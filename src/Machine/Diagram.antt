-- ===== src/Machine/Diagram.antt =====
-- Which states follow each other, and when a reload or runlevel change counts as going on.
use finit.Prelude.{Bool, true, false, ◌≡◌, refl, ◌⊎◌, arith}
use finit.Machine.Step.{
  SmState, bootstrapping, bootstrap_wait, running, runlevel_change, runlevel_wait, runlevel_clean,
  reload_change, reload_wait, reload_clean, Machine, Answers, pass, pass_in, step_bootstrap,
  step_bootstrap_wait, step_running, step_runlevel_change, step_runlevel_wait, step_runlevel_clean,
  step_reload_change, step_reload_wait, step_reload_clean,
}

abbrev pub is_waiting : SmState → Bool
is_waiting runlevel_wait = true
is_waiting reload_wait = true
is_waiting _ = false

-- `in_reload` is set exactly while stopped services are waited for.
abbrev pub Inv : Machine → Type 0
Inv m = m.in_reload ≡ is_waiting m.state

-- The edges of the diagram.
abbrev pub edge : SmState → SmState → Bool
edge bootstrapping bootstrap_wait = true
edge bootstrap_wait running = true
edge running runlevel_change = true
edge running reload_change = true
edge runlevel_change runlevel_wait = true
edge runlevel_wait runlevel_clean = true
edge runlevel_clean running = true
edge reload_change reload_wait = true
edge reload_wait reload_clean = true
edge reload_clean running = true
edge _ _ = false

pass_in-Inv : (s : SmState) (a : Answers) (m : Machine) → m.state ≡ s → Inv m → Inv (pass_in s a m)
unfolding pass_in step_bootstrap step_bootstrap_wait step_running step_runlevel_change
    step_runlevel_wait step_runlevel_clean step_reload_change step_reload_wait step_reload_clean
pass_in-Inv bootstrapping a m e h = ground arith
pass_in-Inv _ a m e h = ground arith

pass_in-edge :
    (s : SmState) (a : Answers) (m : Machine)
    → m.state ≡ s
    → ((pass_in s a m).state ≡ s) ⊎ (edge s (pass_in s a m).state ≡ true)
unfolding pass_in step_bootstrap step_bootstrap_wait step_running step_runlevel_change
    step_runlevel_wait step_runlevel_clean step_reload_change step_reload_wait step_reload_clean
pass_in-edge bootstrapping a m e = ground arith
pass_in-edge _ a m e = ground arith

pub pass-Inv : (a : Answers) (m : Machine) → Inv m → Inv (pass a m)
unfolding pass
pass-Inv a m h = pass_in-Inv m.state a m refl h

-- A pass of `sm_step` stays in its state or follows an edge of the diagram.
pub pass-edge :
    (a : Answers) (m : Machine)
    → ((pass a m).state ≡ m.state) ⊎ (edge m.state (pass a m).state ≡ true)
unfolding pass
pass-edge a m = pass_in-edge m.state a m refl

_WORK ORDER_
Only output the lines from the one with "pass_in-edge _ a m e = ground arith" through the end of the entries above, exactly as they are.

_EXERCISE RESULT_
pass_in-edge _ a m e = ground arith

pub pass-Inv : (a : Answers) (m : Machine) → Inv m → Inv (pass a m)
unfolding pass
pass-Inv a m h = pass_in-Inv m.state a m refl h

-- A pass of `sm_step` stays in its state or follows an edge of the diagram.
pub pass-edge :
    (a : Answers) (m : Machine)
    → ((pass a m).state ≡ m.state) ⊎ (edge m.state (pass a m).state ≡ true)
unfolding pass
pass-edge a m = pass_in-edge m.state a m refl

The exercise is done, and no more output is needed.